Misha shook his head, then winced as corresponding pain racketed through his skull. "I'm sorry. I just don't believe the Americans are going to help. Or if they do, what their price is going to be."
"None of us know," the Colonel said. "My entire life I have not trusted them, but necessity forces change. You forced it sooner than I would have wished."
Misha winced.
The Colonel said, "Our people should be finishing up at the energy plant right now. Then on their way to St. Petersburg to get ready for the journey." She dropped her hands to her knees. "None of us trust the Americans. But bala
nced against that is the reality of our government struggling to survive, and the unrest so very close. No one must find out about these alien artifacts—either the ships or the time-travel mechanisms. You know that as well as I. Rather than let anyone find out, anyone at all, we blow up the ship—we blow ourselves up. These secrets cannot fall into the wrong hands. Every single government who knows the secrets agrees. And so necessity forces us all to compromise. To work together. To solve the mysteries we've been presented, before we find ourselves with bigger problems from outside our gravity well than we're causing for one another within it."
She sat back.
Misha sighed, presing his hand against his side. It hurt. "The mission?"

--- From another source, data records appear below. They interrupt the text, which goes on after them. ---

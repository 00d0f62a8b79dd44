-- ===== src/Database/Refunding/Keeps.antt =====
-- A refund keeps the tables valid, raises only on an amount that the column cannot hold, and a
-- repeated refund changes nothing.
use langgraph_temporal_agent.Prelude.{
  refl, none, inl, arith, inr, some, ℕ, List, find?, ◌≡◌, ◌<◌, All-find?, ◌*◌, find?-update,
  Option-cases, ap, find?-holds,
}
use langgraph_temporal_agent.Database.Refunds.{
  select_refund_order, RefundOrder, refund_idempotency_key,
}
use langgraph_temporal_agent.Database.Schema.{OrderStatus, Database, Order, Product}
use langgraph_temporal_agent.Text.{Text}
use langgraph_temporal_agent.Database.Invariant.{IsValid, IsSound}
use langgraph_temporal_agent.Database.Sql.{
  is_order, select_refund, select_order, is_product, with_status, select_product,
}
use langgraph_temporal_agent.Database.Invariant.Status.{set_status, set_status-IsValid}
use langgraph_temporal_agent.Database.Invariant.Lookup.{find?-select_order}
use langgraph_temporal_agent.Database.Refunding.Outcome.{refunded_db}

pub select_refund_order-parts :
    (n : ℕ) (customer_id : Text) (db : Database) {o : RefundOrder}
    → select_refund_order n customer_id db ≡ some o
    → (p : Order) × (q : Product) × (select_order n customer_id db ≡ some p)
      × (select_product p.product_sku db ≡ some q)
      × (o ≡ record { id = p.id; status = p.status; total = q.price * p.quantity })
unfolding select_refund_order
select_refund_order-parts n customer_id db {o} e =
    elim (Option-cases (select_order n customer_id db)) [
      | inl absent ↦ cc (rw (absent, select_refund_order) at e)
      | inr (p, present) ↦ elim (Option-cases (select_product p.product_sku db)) [
        | inl unknown ↦ ground (arith, present, unknown)
        | inr (q, known) ↦ (p, q, present, known, ground (arith, present, known))
      ]
    ]

-- The order that a query finds is the one with its id, and its total is above zero.
module _ (n : ℕ) (customer_id : Text) (db : Database) {o : RefundOrder} (v : IsValid db)
    (e : select_refund_order n customer_id db ≡ some o) where
  pub total_pos : 0 < o.total
  total_pos =
      let (p, q, present, known, same) = select_refund_order-parts n customer_id db e in
      let found = find?-select_order n customer_id db.orders v.orders_distinct present in
      let sound =
        All-find? (IsSound db.products db.next_order_id) (is_order n) db.orders v.orders_sound
          found in
      let priced =
        All-find? (λ x. 0 < x.price) (is_product p.product_sku) db.products v.priced known in
      rw same (grind (arith, sound.at_least, priced))

  pub order_of_refund_order :
      (p : Order) × (q : Product) × (find? (is_order n) db.orders ≡ some p)
      × (find? (is_product p.product_sku) db.products ≡ some q)
      × (o.total ≡ q.price * p.quantity)
      × (o.status ≡ p.status)
  order_of_refund_order =
      let (p, q, present, known, same) = select_refund_order-parts n customer_id db e in
      (
        p,
        q,
        find?-select_order n customer_id db.orders v.orders_distinct present,
        known,
        ap (λ (x : RefundOrder). x.total) same,
        ap (λ (x : RefundOrder). x.status) same,
      )

find?-set_status_self :
    (s : OrderStatus) (n : ℕ) (os : List Order) {p : Order}
    → find? (is_order n) os ≡ some p
    → find? (is_order n) (set_status s n os) ≡ some (with_status s p)
find?-set_status_self s n os {p} e =
    rw (find?-update (is_order n) (with_status s) (is_order n) os (λ x. refl))
      (ground (arith, e, find?-holds (is_order n) os e))

-- The tables stay valid when the order is closed and its refund added.
pub refunded_db-IsValid :
    (n : ℕ) (customer_id reason : Text) (db : Database) {o : RefundOrder}
    → IsValid db
    → select_refund_order n customer_id db ≡ some o
    → select_refund n db ≡ none
    → IsValid (refunded_db n reason (refund_idempotency_key n) o db)
refunded_db-IsValid n customer_id reason db {o} v e absent =
    let (p, q, found, known, worth, _) = order_of_refund_order n customer_id db v e in
    let closed = set_status-IsValid OrderStatus.refunded n db v (inl refl) in
    record {
      priced = closed.priced;
      orders_distinct = closed.orders_distinct;
      refunds_distinct = (absent, closed.refunds_distinct);
      orders_sound = closed.orders_sound;
      refunds_backed = (
        record {
          order = with_status OrderStatus.refunded p;
          product = q;
          found = find?-set_status_self OrderStatus.refunded n db.orders found;
          stocked = known;
          closed = refl;
          worth = worth;
          keyed = refl;
        },
        closed.refunds_backed,
      );
    }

"The flight to New York leaves tomorrow. We begin the training there."
Lightning flared behind Misha's eyes. He strugged up, made it to his feet. "I'm going," he said, not caring that his voice broke. "Get me on that flight."
"But the doctor—"
"I don't care. I will be on that mission, if I have to blast my way across eight time zones to do it. And you know I never make empty threats."
They stared at one another.
"Zina." He relented at last. "Please."
The Colonel's lips creased. Just faintly.
Misha sank down onto the hay-stuffed bed. The effort of standing had made him dizzy. But that no longer mattered. He knew he'd won.
"We will leave tomorrow," she said, "but without you. As soon as your fever is down, you will follow us." She pointed at the bed. "Now get some sleep." The door shut behind her.
CHAPTER 1
THE PHONE RANG. Ross Murdock looked up, startled.
For a moment his eyes met his wife's across the room. Eveleen paused in the act of patting down the folded tablecloth on the basket they'd both just finished packing.
Strange, to hear a phone ring. It'd been days since they'd been so rudely interrupted—long, glorious autumn days there at Safeharbor, on the coast of Maine. No phone, no TV, no newspapers—nothing but seabirds, and the sound of the breakers crashing on the rocks down the hill from the house, and each other. Heaven.